# 39 twinflex



## volksboy57 (Feb 10, 2017)

neat:  https://wyoming.craigslist.org/bik/5996477165.html 3000 bucks


----------



## Bikermaniac (Feb 10, 2017)

Wow!


----------



## fordmike65 (Feb 10, 2017)

No guard


And headlight looks like a repoop toploader. Nice paint tho!


----------



## kreika (Feb 10, 2017)

Sweet pedals......rrrrred.


----------



## island schwinn (Feb 10, 2017)

I'll take it!!!!!!!!!
Anybody wanna loan me some money


----------



## Freqman1 (Feb 11, 2017)

I'm thinking that bike is a lot rougher than it looks in the pics. The missing guard is a for sure deal killer at that price. I'm also betting you wouldn't be happy with the paint job if you saw it up close.
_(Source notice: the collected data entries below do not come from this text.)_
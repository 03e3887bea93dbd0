-- ===== src/Zephyr/Edits.antt =====
-- The labels and the review comments that are written through the Zephyr client.
use qa_ai_native.Prelude.{
  ◌<◌, String, ◌≡◌, refl, ap, ◌∙◌, true, ◌||◌, Option, none, List, [], if◌then◌else◌, str_eq,
}
use qa_ai_native.Dict.{elem}
use qa_ai_native.Json.{
  Json, string, array, object, Fields, get, get_or, has_key, set_field, is_truthy, texts, items_of,
  list_of-items_of, texts_of-texts, get-set_field, end,
}
use qa_ai_native.Retry.{Attempt}
use qa_ai_native.Service.{Call, World, done}
use qa_ai_native.Zephyr.{Config}
use qa_ai_native.Zephyr.Cases.{
  get_test_case_url, add_all, add_labels_to_test_case, add_test_case_review_comment,
  joined_comments,
}
use qa_ai_native.Zephyr.Updates.{
  Store, Updates, read_then_write, written-Updates, get_test_case_data-Store,
  update_test_case-Store, elem-add_all,
}

module _ {S : Type 0} (send : Call → S → S × Attempt (Option Json)) (c : Config)
    (store : Store send) (positive : 0 < c.max_retries) where
  add_labels_run :
      (order : List String → List String) (key : String) (old labels : List String)
      (fields : Fields) (w : World S)
      → store.stored w.service (get_test_case_url c key) ≡ object fields
      → get_or (array (items_of [])) "labels" fields ≡ array (items_of (texts old))
      → add_labels_to_test_case send c order key labels w ≡ (
        read_then_write send c store positive
            (get_test_case_url c key)
            (object (
              set_field "labels"
                (array (items_of (texts (order (add_all (add_all [] old) labels)))))
                fields))
            w,
        done none,
      )
  unfolding add_labels_to_test_case
  add_labels_run order key old labels fields w has_fields has_labels =
      rw
        (
          get_test_case_data-Store send c store positive (get_test_case_url c key) w,
          has_fields,
          has_labels,
          list_of-items_of (texts old),
          texts_of-texts old,
        )
        (update_test_case-Store send c store positive _ _ _)

  comment_run :
      (show : Json → String) (key comment : String) (fields custom : Fields) (w : World S)
      → store.stored w.service (get_test_case_url c key) ≡ object fields
      → get_or (object end) c.custom_fields_name fields ≡ object custom
      → has_key c.comments_field_name custom ≡ true
      → is_truthy (object custom) ≡ true
      → add_test_case_review_comment send c show key comment w ≡ (
        read_then_write send c store positive
            (get_test_case_url c key)
            (object (
              set_field c.custom_fields_name
                (object (
                  set_field c.comments_field_name
                    (string (joined_comments show (get c.comments_field_name custom) comment))
                    custom))
                fields))
            w,
        done none,
      )
  unfolding add_test_case_review_comment
  comment_run show key comment fields custom w has_fields has_custom has_comments filled =
      rw
        (
          get_test_case_data-Store send c store positive (get_test_case_url c key) w,
          has_fields,
          has_custom,
          filled,
          has_comments,
        )
        (update_test_case-Store send c store positive _ _ _)

  -- If the service is a store in which a test case has a list of texts as its labels, then the
  -- request to add labels succeeds, afterwards the test case has exactly the labels that it had and
  -- the added ones, whatever the order is in which a set is listed, and no other field and no other
  -- test case has changed.
  pub add_labels-Updates :
      (order : List String → List String)
      → ((x : String) (l : List String) → elem x (order l) ≡ elem x l)
      → (key : String) (old labels : List String) (fields : Fields) (w : World S)
      → store.stored w.service (get_test_case_url c key) ≡ object fields
      → get_or (array (items_of [])) "labels" fields ≡ array (items_of (texts old))
      → ((add_labels_to_test_case send c order key labels w).1 ≡ done none)
        × ((new : List String) × ((x : String) → elem x new ≡ (elem x old || elem x labels))
            × Updates send c store positive
                (get_test_case_url c key)
                "labels"
                (array (items_of (texts new)))
                fields
                w.service
                (add_labels_to_test_case send c order key labels w).0.service)
  add_labels-Updates order keeps key old labels fields w has_fields has_labels =
      let new = order (add_all (add_all [] old) labels) in
      rw (add_labels_run order key old labels fields w has_fields has_labels) (
        refl,
        (
          new,
          (λ x.
              keeps x (add_all (add_all [] old) labels)
              ∙ elem-add_all x (add_all [] old) labels
              ∙ ap (λ b. b || elem x labels) (elem-add_all x [] old)),
          written-Updates send c store positive (get_test_case_url c key) "labels"
              (array (items_of (texts new))) fields w,
        ),
      )

  -- If the service is a store in which a test case has comments under the configured fields, then
  -- the request to add a review comment succeeds, and afterwards the field of the comments has what
  -- stood there and the comment after a `<br>`, or only the comment if it was empty, with each line
  -- end of the comment as a `<br>`; no other custom field, field or test case has changed.
  pub add_comment-Updates :
      (show : Json → String) (key comment : String) (fields custom : Fields) (w : World S)
      → store.stored w.service (get_test_case_url c key) ≡ object fields
      → get_or (object end) c.custom_fields_name fields ≡ object custom
      → has_key c.comments_field_name custom ≡ true
      → is_truthy (object custom) ≡ true
      → ((add_test_case_review_comment send c show key comment w).1 ≡ done none)
        × ((new : Fields) × ((k : String)
              → get k new ≡ (
                  if str_eq c.comments_field_name k
                  then string (joined_comments show (get c.comments_field_name custom) comment)
                  else get k custom))
            × Updates send c store positive
                (get_test_case_url c key)
                c.custom_fields_name
                (object new)
                fields
                w.service
                (add_test_case_review_comment send c show key comment w).0.service)
  add_comment-Updates show key comment fields custom w has_fields has_custom has_comments filled =
      let text = string (joined_comments show (get c.comments_field_name custom) comment) in
      let new = set_field c.comments_field_name text custom in
      rw (comment_run show key comment fields custom w has_fields has_custom has_comments filled) (
        refl,
        (
          new,
          (λ k. get-set_field c.comments_field_name k text custom),
          written-Updates send c store positive (get_test_case_url c key) c.custom_fields_name
              (object new) fields w,
        ),
      )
V/r Shawn


----------



## kreika (Feb 11, 2017)

Rack had to many books on it....


----------



## bikewhorder (Feb 11, 2017)

Didn't Jkent have one of these for sale recently?


----------



## John (Feb 11, 2017)

When you use a Schwinn chain ring on a restore and the correct ring cost about $10.00 it's a red flag


----------



## kreika (Feb 11, 2017)

John said:


> When you use a Schwinn chain ring on a restore and the correct ring cost about $10.00 it's a red flag




That cheapo light too


----------



## VintageSchwinn.com (Feb 12, 2017)

Paint looks bad, that front fork looks bent.


----------